** Records to process follows **

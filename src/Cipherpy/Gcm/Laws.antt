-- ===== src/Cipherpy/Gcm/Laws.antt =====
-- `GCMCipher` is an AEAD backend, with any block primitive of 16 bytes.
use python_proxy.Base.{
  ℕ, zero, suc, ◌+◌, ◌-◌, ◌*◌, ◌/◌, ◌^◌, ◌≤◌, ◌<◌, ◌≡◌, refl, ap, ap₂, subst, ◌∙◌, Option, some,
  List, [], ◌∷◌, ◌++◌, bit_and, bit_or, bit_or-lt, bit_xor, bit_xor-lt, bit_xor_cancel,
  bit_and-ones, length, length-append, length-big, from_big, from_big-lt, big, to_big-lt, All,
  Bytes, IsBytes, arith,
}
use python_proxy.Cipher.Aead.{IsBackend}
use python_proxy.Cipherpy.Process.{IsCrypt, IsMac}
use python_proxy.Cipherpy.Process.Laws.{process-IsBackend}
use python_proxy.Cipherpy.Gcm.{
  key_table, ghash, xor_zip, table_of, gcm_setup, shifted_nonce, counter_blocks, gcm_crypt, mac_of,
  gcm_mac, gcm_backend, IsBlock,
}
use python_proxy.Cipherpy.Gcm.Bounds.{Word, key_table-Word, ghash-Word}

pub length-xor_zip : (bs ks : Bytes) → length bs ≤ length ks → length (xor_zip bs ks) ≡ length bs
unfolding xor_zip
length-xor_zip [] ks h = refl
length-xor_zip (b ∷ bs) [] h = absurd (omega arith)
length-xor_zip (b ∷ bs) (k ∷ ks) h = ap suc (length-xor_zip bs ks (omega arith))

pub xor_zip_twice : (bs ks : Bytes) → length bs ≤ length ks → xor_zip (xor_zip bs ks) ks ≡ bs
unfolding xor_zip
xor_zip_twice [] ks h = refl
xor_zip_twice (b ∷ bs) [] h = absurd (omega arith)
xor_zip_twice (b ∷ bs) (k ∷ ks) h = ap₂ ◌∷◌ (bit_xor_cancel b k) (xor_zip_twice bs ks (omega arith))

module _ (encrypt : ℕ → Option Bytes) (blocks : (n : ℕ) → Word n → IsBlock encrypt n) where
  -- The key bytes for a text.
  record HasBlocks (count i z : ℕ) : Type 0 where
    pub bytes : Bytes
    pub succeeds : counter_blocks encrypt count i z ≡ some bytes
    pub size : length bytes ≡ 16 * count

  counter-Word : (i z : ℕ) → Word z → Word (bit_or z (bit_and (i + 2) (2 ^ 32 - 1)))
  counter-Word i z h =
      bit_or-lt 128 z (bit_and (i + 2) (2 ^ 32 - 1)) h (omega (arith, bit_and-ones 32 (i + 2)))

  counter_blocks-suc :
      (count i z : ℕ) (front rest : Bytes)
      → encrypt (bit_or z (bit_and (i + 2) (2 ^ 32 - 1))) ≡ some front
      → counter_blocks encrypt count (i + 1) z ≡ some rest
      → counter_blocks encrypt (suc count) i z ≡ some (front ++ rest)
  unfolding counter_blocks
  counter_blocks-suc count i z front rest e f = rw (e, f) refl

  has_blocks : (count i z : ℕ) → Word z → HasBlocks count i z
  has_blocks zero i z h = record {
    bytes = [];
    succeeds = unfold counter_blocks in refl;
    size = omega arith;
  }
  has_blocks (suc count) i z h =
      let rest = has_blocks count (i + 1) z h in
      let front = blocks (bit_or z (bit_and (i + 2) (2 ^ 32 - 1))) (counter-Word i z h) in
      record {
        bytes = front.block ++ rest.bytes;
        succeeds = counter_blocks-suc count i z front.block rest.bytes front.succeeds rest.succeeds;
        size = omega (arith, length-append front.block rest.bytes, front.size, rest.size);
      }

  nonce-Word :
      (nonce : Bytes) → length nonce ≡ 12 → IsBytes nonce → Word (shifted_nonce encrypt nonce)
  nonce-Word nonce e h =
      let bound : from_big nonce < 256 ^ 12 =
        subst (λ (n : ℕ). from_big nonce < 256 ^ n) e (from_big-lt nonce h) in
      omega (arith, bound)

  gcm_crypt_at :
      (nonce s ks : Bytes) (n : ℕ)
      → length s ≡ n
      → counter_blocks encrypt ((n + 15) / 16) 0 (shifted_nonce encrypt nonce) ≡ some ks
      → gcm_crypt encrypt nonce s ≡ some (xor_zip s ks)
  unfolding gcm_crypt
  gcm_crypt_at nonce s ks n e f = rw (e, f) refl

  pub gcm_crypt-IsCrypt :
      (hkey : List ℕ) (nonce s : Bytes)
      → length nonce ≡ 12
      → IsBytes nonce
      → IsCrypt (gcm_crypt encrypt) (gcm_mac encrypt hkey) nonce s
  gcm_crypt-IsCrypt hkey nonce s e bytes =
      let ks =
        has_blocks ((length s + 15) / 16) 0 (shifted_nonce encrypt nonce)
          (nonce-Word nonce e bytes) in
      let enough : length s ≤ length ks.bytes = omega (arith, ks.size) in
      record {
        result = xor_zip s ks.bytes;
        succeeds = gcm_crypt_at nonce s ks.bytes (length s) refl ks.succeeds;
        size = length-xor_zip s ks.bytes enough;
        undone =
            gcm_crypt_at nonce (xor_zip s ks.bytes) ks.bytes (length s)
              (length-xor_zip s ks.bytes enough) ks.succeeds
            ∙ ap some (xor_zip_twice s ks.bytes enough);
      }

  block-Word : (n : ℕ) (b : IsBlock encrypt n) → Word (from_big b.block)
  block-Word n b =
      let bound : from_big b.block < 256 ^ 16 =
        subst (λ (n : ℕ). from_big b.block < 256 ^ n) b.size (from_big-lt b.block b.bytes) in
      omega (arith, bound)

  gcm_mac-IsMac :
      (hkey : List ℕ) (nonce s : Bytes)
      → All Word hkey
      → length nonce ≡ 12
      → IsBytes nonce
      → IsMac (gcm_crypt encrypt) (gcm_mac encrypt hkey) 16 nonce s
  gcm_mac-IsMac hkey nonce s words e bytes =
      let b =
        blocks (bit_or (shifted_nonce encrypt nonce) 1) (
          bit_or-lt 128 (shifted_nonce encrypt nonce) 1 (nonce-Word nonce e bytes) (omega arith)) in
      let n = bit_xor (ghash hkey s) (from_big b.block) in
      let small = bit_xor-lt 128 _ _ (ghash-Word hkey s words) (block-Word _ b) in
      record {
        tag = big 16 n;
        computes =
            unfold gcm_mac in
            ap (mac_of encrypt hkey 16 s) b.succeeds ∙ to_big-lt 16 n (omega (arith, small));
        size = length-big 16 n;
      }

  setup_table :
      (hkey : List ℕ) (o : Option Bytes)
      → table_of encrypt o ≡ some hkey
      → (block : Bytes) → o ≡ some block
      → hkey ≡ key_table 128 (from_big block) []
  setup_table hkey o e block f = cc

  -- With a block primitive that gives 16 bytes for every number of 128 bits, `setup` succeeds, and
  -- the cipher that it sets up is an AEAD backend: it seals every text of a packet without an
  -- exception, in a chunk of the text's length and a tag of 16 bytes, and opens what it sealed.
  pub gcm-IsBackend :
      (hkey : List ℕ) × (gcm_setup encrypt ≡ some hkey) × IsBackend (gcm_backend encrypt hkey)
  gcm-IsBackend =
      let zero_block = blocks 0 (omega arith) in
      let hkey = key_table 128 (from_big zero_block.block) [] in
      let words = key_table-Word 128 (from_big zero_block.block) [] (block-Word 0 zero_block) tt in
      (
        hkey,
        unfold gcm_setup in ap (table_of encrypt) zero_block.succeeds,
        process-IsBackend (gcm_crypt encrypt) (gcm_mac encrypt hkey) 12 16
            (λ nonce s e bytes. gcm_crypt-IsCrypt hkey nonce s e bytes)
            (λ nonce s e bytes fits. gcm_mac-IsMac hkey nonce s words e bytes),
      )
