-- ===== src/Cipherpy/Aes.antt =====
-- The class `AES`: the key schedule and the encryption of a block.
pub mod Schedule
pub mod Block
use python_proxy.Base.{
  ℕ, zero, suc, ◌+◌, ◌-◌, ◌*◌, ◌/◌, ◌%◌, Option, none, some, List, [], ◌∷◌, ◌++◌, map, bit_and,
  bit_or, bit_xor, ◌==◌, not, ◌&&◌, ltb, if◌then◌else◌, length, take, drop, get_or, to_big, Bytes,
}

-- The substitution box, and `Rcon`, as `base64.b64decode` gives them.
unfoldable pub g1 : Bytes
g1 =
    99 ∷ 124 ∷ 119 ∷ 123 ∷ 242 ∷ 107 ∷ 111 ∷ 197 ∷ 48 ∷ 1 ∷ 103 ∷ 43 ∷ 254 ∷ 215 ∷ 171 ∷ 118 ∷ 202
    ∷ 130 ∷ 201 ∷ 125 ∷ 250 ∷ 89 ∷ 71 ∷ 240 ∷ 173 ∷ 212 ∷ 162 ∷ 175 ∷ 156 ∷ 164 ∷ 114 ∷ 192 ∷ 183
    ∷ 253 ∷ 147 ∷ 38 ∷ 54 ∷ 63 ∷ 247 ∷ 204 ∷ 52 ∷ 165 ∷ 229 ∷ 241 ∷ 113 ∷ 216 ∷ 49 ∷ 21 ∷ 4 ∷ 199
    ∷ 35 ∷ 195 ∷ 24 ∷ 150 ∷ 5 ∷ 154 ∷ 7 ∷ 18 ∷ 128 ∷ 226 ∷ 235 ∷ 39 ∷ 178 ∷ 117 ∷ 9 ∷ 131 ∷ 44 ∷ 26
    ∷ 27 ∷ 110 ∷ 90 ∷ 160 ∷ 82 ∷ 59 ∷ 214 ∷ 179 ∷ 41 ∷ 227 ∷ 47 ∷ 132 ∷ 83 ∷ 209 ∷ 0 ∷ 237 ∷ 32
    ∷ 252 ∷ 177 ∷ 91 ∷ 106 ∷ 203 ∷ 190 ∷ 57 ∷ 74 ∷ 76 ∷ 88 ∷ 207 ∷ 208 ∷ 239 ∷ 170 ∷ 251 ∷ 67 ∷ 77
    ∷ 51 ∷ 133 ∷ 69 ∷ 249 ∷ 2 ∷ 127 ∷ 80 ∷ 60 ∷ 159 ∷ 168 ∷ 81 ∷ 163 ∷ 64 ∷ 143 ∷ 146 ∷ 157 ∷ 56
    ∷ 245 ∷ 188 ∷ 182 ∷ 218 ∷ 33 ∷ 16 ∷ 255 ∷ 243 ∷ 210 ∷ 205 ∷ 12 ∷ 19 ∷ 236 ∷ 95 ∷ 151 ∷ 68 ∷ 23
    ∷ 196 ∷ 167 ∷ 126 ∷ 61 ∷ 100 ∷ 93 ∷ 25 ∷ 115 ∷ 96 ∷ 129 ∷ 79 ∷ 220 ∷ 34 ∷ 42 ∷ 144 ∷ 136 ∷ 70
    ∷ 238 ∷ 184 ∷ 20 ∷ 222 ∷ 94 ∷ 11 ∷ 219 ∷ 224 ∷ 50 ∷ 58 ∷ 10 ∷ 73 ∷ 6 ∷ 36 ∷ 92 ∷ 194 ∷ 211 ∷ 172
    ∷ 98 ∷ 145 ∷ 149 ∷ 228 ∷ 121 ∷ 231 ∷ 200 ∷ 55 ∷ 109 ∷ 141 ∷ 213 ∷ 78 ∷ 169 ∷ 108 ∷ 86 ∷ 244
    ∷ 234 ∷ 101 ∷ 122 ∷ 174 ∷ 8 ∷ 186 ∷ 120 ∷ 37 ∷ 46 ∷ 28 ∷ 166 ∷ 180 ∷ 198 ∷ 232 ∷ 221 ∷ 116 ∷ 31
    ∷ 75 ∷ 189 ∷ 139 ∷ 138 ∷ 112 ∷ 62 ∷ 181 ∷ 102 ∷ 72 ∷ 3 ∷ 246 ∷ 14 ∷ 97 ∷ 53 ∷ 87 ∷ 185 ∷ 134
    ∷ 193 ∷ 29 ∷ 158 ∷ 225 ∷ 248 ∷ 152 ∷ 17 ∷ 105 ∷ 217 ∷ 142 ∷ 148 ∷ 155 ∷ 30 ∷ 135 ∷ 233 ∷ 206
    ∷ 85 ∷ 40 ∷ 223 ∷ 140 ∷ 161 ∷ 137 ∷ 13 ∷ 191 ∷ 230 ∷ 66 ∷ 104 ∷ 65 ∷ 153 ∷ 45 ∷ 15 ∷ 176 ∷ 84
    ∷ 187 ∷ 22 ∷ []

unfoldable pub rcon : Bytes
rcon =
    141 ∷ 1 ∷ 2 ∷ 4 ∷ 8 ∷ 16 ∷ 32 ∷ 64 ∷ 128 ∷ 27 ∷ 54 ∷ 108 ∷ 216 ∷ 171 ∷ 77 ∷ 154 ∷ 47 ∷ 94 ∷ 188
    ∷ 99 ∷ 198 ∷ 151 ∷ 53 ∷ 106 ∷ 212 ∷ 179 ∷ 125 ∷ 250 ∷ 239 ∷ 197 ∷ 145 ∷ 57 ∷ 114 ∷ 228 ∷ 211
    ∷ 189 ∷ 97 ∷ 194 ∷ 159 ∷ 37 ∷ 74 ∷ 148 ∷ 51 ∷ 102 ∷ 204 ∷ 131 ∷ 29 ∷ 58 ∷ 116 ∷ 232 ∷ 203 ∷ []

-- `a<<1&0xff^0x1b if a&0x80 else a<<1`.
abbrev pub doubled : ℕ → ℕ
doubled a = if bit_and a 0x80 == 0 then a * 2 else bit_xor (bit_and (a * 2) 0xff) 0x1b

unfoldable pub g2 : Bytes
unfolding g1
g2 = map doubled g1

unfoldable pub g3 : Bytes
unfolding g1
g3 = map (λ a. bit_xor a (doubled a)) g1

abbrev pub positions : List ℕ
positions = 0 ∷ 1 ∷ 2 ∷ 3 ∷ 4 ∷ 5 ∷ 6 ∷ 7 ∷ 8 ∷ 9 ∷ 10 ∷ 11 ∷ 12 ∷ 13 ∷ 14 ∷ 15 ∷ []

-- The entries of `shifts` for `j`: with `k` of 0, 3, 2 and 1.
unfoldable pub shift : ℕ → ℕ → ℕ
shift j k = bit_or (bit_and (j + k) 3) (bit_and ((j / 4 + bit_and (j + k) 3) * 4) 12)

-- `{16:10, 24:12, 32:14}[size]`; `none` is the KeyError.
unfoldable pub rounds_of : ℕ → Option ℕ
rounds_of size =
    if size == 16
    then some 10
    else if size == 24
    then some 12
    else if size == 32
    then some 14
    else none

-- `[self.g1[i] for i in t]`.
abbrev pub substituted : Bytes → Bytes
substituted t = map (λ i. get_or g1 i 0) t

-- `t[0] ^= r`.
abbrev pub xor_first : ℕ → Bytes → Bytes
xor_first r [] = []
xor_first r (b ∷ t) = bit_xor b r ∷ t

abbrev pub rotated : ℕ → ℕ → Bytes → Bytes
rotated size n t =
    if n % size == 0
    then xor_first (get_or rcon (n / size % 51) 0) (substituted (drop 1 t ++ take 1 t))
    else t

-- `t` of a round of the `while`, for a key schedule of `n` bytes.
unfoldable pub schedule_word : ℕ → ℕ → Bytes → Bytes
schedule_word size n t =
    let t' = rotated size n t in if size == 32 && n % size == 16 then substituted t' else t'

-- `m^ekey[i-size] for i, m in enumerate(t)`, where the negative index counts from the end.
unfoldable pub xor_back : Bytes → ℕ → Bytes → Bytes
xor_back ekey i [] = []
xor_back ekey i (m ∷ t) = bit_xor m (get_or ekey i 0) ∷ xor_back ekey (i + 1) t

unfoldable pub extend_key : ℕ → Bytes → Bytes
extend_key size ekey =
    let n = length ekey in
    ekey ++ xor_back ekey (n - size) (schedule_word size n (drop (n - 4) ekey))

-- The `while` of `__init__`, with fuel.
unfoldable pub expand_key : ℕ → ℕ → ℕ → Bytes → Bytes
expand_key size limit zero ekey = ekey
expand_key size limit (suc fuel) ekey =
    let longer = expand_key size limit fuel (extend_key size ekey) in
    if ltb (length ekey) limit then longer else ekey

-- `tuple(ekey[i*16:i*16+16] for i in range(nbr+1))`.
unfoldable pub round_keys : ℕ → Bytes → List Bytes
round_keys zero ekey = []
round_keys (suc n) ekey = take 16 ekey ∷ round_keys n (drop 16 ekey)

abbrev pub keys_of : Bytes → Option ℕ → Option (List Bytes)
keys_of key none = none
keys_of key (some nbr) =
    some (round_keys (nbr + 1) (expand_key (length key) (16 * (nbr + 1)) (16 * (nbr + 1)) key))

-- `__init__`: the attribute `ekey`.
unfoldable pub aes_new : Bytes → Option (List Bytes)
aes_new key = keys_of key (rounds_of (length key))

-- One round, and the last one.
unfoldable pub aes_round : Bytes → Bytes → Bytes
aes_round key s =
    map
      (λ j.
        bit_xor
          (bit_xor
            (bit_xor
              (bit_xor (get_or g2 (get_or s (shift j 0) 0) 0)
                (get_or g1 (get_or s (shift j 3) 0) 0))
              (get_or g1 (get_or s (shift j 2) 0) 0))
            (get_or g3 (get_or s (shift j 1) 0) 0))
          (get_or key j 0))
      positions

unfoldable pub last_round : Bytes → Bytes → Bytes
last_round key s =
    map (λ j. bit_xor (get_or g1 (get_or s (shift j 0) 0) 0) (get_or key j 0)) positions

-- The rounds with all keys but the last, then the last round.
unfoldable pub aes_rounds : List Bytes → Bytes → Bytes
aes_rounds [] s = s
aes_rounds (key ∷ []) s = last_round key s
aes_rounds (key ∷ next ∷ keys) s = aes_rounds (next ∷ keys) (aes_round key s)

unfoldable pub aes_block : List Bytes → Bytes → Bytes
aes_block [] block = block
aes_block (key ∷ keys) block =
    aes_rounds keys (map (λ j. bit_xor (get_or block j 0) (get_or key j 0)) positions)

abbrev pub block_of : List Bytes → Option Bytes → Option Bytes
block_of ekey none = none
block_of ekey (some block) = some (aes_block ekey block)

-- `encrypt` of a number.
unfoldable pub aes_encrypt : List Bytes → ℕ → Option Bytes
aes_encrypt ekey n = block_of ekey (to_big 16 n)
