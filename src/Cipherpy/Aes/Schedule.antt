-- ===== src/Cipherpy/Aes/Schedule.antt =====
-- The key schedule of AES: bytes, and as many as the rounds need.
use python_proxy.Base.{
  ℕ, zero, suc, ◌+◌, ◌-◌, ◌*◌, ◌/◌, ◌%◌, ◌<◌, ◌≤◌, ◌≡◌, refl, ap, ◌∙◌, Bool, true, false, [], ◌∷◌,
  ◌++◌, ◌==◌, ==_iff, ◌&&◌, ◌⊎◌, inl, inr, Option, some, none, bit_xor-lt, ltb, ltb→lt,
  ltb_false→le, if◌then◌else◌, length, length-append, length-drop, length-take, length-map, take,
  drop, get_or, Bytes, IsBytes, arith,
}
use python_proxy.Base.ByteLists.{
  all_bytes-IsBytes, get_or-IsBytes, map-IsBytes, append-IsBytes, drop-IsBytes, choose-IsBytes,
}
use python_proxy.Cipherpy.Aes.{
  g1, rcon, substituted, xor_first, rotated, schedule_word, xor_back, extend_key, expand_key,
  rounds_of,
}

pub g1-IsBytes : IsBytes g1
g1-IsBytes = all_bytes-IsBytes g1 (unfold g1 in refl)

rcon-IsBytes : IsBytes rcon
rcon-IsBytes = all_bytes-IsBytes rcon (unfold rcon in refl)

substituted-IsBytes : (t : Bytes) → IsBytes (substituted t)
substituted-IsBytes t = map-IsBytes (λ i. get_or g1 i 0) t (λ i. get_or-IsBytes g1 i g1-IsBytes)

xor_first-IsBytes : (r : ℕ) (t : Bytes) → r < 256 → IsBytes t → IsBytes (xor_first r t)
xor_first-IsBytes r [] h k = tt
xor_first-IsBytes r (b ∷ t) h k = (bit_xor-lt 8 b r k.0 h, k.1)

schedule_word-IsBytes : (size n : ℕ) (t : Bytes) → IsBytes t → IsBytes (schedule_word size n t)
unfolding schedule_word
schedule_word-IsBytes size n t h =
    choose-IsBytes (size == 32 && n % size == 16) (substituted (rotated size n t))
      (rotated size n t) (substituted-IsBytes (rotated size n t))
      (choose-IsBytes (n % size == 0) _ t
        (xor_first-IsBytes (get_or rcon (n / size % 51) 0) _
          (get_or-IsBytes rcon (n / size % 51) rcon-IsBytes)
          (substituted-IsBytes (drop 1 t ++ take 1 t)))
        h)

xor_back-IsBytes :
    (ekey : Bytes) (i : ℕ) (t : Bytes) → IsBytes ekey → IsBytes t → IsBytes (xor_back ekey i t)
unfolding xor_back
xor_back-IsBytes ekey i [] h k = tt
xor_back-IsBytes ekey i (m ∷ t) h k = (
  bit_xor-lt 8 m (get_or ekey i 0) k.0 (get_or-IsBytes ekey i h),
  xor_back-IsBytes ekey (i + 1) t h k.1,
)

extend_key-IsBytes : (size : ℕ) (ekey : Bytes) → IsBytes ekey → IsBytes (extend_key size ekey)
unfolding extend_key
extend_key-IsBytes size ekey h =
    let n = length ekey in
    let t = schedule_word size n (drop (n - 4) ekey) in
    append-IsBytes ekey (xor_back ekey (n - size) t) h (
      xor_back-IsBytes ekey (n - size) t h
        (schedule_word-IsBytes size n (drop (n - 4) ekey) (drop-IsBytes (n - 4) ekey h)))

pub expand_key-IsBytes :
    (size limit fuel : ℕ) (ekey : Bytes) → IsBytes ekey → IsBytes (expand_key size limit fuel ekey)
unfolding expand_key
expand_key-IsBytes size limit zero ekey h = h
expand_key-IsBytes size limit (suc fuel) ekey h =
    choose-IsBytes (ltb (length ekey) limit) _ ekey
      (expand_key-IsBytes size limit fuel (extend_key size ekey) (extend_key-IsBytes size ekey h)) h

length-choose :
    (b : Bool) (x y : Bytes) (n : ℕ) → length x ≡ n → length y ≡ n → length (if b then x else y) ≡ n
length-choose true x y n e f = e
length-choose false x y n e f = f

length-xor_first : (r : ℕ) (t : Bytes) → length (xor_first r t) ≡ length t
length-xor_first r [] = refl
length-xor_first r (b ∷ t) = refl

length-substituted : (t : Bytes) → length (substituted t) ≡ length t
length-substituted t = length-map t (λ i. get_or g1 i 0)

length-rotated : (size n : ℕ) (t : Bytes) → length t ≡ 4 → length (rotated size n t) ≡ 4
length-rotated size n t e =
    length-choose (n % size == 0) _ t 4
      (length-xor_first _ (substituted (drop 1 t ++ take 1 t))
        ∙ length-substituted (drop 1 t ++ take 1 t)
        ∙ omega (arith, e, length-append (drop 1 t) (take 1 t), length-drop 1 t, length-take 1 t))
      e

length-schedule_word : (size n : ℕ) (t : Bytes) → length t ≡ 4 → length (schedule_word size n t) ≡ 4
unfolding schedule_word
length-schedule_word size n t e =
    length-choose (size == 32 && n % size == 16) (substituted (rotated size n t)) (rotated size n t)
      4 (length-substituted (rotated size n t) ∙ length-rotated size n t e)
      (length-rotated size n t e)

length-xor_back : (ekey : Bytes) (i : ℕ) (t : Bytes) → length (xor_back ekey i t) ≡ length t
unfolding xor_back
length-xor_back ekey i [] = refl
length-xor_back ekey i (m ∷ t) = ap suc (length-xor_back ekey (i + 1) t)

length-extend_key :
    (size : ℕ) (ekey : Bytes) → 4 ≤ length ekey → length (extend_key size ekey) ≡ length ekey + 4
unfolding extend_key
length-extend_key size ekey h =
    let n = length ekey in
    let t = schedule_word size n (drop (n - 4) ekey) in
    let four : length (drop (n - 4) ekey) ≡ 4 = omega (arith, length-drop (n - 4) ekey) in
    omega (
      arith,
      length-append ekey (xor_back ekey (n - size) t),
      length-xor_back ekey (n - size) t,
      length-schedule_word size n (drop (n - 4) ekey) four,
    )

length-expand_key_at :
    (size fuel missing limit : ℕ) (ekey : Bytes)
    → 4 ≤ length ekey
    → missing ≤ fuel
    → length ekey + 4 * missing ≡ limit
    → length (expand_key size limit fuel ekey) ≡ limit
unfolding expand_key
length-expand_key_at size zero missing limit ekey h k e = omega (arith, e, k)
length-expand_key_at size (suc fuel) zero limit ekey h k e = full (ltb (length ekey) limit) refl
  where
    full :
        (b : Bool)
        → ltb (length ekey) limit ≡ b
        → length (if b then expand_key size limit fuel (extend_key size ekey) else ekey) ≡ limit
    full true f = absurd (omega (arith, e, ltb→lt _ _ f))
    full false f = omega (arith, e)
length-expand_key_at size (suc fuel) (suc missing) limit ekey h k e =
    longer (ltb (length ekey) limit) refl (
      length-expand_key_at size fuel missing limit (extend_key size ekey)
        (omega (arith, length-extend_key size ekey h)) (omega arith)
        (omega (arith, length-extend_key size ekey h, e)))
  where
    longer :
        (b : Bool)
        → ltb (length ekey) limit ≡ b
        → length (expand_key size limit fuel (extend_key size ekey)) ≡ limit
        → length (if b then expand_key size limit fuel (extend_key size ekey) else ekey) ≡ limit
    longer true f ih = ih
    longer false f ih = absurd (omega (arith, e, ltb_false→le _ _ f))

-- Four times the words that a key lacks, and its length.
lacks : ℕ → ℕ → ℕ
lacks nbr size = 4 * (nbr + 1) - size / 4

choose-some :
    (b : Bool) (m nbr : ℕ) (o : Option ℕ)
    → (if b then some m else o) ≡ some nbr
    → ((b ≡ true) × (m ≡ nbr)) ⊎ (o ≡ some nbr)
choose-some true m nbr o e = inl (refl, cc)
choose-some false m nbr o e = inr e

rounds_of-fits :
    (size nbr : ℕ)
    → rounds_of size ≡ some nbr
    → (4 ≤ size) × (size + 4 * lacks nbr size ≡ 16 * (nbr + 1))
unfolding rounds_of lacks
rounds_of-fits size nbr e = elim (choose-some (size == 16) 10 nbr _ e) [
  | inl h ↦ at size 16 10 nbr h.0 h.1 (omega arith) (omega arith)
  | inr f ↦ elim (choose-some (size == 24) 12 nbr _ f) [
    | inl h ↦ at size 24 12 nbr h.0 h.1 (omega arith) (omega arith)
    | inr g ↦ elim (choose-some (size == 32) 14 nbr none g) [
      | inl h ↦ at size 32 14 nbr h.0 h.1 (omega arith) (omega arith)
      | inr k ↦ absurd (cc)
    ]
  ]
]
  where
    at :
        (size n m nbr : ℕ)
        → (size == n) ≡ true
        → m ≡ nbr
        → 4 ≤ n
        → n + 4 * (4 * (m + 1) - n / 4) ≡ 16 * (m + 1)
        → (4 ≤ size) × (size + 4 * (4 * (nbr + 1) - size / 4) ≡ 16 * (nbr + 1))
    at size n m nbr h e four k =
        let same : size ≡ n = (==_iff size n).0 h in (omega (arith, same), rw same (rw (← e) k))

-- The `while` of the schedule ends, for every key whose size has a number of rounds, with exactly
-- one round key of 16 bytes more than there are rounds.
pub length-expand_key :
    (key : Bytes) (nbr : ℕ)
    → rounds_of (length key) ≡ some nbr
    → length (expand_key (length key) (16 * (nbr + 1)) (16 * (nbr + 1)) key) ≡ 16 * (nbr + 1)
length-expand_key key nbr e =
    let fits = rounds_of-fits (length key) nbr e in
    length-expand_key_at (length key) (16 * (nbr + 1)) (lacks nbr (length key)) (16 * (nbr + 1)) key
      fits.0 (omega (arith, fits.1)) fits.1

** End of Records to process **

Exercise directions
Output exactly one stretch of the listing: from the line containing "longer (ltb (length" through the line containing "rounds, with exactly", both end lines included.

Your solution
    longer (ltb (length ekey) limit) refl (
      length-expand_key_at size fuel missing limit (extend_key size ekey)
        (omega (arith, length-extend_key size ekey h)) (omega arith)
        (omega (arith, length-extend_key size ekey h, e)))
  where
    longer :
        (b : Bool)
        → ltb (length ekey) limit ≡ b
        → length (expand_key size limit fuel (extend_key size ekey)) ≡ limit
        → length (if b then expand_key size limit fuel (extend_key size ekey) else ekey) ≡ limit
    longer true f ih = ih
    longer false f ih = absurd (omega (arith, e, ltb_false→le _ _ f))

-- Four times the words that a key lacks, and its length.
lacks : ℕ → ℕ → ℕ
lacks nbr size = 4 * (nbr + 1) - size / 4

choose-some :
    (b : Bool) (m nbr : ℕ) (o : Option ℕ)
    → (if b then some m else o) ≡ some nbr
    → ((b ≡ true) × (m ≡ nbr)) ⊎ (o ≡ some nbr)
choose-some true m nbr o e = inl (refl, cc)
choose-some false m nbr o e = inr e

rounds_of-fits :
    (size nbr : ℕ)
    → rounds_of size ≡ some nbr
    → (4 ≤ size) × (size + 4 * lacks nbr size ≡ 16 * (nbr + 1))
unfolding rounds_of lacks
rounds_of-fits size nbr e = elim (choose-some (size == 16) 10 nbr _ e) [
  | inl h ↦ at size 16 10 nbr h.0 h.1 (omega arith) (omega arith)
  | inr f ↦ elim (choose-some (size == 24) 12 nbr _ f) [
    | inl h ↦ at size 24 12 nbr h.0 h.1 (omega arith) (omega arith)
    | inr g ↦ elim (choose-some (size == 32) 14 nbr none g) [
      | inl h ↦ at size 32 14 nbr h.0 h.1 (omega arith) (omega arith)
      | inr k ↦ absurd (cc)
    ]
  ]
]
  where
    at :
        (size n m nbr : ℕ)
        → (size == n) ≡ true
        → m ≡ nbr
        → 4 ≤ n
        → n + 4 * (4 * (m + 1) - n / 4) ≡ 16 * (m + 1)
        → (4 ≤ size) × (size + 4 * (4 * (nbr + 1) - size / 4) ≡ 16 * (nbr + 1))
    at size n m nbr h e four k =
        let same : size ≡ n = (==_iff size n).0 h in (omega (arith, same), rw same (rw (← e) k))

-- The `while` of the schedule ends, for every key whose size has a number of rounds, with exactly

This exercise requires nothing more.